Task material |
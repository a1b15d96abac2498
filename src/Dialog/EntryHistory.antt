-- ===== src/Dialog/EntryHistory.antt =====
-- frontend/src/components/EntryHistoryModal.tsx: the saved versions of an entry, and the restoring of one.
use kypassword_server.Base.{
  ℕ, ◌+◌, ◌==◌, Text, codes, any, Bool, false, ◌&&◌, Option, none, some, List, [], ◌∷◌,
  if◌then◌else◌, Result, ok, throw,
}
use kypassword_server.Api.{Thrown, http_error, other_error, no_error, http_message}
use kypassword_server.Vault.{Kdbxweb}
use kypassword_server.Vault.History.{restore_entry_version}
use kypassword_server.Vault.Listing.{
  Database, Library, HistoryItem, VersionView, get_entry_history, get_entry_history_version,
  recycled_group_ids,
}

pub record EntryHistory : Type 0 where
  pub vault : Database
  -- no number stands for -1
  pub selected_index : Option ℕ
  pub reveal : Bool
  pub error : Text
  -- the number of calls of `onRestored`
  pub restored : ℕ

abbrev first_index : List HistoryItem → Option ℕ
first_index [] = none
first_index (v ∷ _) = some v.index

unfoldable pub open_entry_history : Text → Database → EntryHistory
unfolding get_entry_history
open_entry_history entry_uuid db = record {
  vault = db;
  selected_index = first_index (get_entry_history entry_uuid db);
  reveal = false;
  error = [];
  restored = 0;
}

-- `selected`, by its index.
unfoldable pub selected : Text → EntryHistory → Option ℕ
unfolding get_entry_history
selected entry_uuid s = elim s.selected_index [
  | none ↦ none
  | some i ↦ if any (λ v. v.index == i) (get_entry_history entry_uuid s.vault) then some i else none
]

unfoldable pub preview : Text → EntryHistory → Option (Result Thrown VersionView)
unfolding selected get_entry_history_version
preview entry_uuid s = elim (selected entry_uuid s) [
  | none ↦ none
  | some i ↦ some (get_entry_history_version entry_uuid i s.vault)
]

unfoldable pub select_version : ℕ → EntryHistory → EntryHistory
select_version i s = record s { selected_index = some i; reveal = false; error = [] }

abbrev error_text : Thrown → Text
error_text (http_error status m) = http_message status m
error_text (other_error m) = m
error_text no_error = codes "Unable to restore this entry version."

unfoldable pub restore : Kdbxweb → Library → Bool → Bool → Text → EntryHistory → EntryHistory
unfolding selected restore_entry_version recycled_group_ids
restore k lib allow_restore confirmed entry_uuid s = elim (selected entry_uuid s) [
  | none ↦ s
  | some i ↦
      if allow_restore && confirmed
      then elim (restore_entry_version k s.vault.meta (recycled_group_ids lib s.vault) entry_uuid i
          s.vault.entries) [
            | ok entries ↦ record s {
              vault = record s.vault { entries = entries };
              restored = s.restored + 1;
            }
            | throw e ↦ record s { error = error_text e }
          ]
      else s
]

==

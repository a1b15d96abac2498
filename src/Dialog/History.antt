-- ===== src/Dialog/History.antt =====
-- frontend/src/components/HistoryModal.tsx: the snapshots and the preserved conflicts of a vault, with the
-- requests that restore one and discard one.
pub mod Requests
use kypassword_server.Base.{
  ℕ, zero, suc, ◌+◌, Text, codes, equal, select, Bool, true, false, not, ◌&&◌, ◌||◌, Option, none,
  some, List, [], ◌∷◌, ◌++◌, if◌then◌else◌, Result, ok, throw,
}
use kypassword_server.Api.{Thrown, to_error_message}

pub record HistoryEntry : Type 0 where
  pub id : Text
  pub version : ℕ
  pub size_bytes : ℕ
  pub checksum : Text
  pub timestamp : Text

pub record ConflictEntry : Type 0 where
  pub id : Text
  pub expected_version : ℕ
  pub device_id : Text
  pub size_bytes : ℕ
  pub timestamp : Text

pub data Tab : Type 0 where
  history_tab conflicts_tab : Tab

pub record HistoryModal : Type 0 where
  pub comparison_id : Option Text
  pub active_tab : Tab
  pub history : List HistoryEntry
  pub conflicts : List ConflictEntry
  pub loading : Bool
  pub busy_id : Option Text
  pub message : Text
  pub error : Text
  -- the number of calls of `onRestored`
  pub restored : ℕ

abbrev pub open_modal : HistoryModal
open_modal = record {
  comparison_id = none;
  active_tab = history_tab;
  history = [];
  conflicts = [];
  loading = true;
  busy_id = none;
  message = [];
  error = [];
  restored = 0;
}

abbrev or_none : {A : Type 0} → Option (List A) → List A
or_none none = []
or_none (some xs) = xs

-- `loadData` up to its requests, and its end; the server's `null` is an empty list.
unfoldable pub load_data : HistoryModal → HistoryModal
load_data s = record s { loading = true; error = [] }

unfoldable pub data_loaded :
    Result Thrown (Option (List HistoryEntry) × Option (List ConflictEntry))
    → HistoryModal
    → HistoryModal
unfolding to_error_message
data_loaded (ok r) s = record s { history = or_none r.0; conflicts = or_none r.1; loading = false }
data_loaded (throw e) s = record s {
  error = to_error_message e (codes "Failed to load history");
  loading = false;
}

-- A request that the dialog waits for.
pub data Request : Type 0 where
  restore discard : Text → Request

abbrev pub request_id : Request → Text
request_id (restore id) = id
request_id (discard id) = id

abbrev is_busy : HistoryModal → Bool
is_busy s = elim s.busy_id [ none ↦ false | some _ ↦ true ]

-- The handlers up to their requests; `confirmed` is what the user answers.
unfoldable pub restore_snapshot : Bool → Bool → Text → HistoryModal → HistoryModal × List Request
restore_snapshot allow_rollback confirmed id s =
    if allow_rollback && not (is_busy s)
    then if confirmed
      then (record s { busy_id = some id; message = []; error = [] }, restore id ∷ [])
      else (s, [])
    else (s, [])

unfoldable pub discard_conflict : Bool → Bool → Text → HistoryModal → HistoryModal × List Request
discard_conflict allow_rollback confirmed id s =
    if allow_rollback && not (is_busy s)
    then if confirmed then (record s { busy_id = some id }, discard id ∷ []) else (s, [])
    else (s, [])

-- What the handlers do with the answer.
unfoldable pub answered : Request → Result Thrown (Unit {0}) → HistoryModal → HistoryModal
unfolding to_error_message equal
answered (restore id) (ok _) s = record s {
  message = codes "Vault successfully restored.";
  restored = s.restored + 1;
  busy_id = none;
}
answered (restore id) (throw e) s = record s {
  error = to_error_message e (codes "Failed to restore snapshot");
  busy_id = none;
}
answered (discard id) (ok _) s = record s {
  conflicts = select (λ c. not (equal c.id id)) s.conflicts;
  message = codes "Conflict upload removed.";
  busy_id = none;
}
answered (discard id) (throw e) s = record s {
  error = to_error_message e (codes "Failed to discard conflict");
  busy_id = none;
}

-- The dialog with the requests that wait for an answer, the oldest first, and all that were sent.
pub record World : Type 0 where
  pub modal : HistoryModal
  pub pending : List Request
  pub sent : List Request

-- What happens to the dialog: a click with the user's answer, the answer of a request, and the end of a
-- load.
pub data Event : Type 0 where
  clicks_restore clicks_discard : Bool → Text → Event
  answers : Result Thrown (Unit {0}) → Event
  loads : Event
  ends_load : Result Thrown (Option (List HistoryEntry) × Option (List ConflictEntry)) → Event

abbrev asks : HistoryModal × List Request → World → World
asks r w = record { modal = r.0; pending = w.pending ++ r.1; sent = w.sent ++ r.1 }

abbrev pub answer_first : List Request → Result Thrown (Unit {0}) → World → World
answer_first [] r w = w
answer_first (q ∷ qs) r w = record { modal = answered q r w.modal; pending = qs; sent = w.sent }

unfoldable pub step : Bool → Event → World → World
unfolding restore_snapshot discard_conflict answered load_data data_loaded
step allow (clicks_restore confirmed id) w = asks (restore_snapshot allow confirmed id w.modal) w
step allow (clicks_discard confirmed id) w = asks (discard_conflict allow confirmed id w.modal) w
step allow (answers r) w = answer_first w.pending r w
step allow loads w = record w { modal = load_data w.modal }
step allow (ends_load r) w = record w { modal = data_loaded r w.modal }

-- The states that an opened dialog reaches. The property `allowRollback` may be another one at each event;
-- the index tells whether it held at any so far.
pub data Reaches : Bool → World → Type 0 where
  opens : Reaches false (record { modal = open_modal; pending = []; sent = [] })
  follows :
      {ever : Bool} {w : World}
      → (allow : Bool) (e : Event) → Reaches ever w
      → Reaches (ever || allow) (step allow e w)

* * *

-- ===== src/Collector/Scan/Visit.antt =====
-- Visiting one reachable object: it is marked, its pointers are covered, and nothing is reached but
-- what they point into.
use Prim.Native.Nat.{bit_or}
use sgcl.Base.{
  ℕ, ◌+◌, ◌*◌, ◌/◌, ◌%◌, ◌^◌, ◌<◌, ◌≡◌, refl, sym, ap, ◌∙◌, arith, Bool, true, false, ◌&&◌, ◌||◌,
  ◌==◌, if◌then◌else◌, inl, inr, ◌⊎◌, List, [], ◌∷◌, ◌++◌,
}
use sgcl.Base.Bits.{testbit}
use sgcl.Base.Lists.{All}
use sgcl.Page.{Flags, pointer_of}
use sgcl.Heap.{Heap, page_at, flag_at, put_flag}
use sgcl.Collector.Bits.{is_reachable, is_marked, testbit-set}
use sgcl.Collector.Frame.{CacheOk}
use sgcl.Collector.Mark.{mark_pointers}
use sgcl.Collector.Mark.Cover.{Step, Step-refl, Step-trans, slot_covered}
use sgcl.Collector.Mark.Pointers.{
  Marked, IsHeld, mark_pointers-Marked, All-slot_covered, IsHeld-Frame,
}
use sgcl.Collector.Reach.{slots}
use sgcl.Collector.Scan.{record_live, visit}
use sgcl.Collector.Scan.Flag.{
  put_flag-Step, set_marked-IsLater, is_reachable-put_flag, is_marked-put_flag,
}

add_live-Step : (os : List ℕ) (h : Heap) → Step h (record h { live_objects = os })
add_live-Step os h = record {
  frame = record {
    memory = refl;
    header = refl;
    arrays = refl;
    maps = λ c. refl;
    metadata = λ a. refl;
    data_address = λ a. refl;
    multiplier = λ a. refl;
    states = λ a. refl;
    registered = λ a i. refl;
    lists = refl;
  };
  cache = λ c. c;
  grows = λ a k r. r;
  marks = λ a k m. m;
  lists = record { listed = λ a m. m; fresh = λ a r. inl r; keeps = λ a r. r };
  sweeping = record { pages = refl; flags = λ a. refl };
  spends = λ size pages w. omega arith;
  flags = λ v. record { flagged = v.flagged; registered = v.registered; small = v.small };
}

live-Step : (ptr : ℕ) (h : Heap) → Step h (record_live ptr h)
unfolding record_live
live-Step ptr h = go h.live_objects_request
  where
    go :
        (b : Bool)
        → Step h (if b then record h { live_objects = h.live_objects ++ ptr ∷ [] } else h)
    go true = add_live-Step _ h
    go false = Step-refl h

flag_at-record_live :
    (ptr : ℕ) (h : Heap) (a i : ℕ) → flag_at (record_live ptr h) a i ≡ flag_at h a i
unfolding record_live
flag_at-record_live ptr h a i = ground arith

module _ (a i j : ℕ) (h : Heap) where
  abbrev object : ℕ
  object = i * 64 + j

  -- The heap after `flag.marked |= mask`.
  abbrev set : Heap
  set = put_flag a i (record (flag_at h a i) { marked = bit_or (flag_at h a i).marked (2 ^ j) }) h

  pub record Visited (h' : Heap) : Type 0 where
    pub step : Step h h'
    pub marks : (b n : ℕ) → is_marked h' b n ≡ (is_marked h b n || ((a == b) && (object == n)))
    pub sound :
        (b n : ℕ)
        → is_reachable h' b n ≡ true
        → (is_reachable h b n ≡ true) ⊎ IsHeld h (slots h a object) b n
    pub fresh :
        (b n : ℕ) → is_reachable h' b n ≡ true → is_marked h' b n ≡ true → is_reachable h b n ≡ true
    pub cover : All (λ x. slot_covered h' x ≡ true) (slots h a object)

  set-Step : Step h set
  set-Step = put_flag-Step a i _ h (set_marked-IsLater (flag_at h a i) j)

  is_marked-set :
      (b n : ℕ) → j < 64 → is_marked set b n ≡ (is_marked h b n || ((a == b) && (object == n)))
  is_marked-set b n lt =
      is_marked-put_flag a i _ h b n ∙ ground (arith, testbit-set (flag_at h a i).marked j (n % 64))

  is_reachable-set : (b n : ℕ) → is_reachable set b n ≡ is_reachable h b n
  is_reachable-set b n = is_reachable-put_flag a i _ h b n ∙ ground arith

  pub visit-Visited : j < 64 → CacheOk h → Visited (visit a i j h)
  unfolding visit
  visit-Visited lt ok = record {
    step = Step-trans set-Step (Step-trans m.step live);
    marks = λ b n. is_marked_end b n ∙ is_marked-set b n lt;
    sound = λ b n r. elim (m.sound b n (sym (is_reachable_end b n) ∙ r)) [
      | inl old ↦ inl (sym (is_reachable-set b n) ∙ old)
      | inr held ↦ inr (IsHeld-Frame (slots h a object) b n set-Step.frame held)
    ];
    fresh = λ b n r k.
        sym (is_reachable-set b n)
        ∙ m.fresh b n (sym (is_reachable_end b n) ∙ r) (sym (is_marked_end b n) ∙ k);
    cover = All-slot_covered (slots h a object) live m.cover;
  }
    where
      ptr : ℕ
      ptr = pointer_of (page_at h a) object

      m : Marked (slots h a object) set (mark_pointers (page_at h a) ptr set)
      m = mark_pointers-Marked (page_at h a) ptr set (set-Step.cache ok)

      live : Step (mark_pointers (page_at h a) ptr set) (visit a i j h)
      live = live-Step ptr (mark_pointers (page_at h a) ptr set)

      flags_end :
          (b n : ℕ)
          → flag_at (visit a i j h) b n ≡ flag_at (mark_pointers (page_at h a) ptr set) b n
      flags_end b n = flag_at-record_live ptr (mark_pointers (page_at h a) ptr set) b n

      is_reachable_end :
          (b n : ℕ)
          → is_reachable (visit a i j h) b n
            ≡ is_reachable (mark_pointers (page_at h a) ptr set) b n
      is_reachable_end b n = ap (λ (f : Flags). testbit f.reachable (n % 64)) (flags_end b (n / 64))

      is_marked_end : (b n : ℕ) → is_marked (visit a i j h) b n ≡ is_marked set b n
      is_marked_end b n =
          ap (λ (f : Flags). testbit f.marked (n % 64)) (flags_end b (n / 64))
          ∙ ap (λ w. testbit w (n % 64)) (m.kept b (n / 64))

Task requirements | Find the word "that" in the data and copy out each line where it turns up.

Answer box |
-- requests that restore one and discard one.
-- A request that the dialog waits for.
-- The dialog with the requests that wait for an answer, the oldest first, and all that were sent.
-- The states that an opened dialog reaches. The property `allowRollback` may be another one at each event;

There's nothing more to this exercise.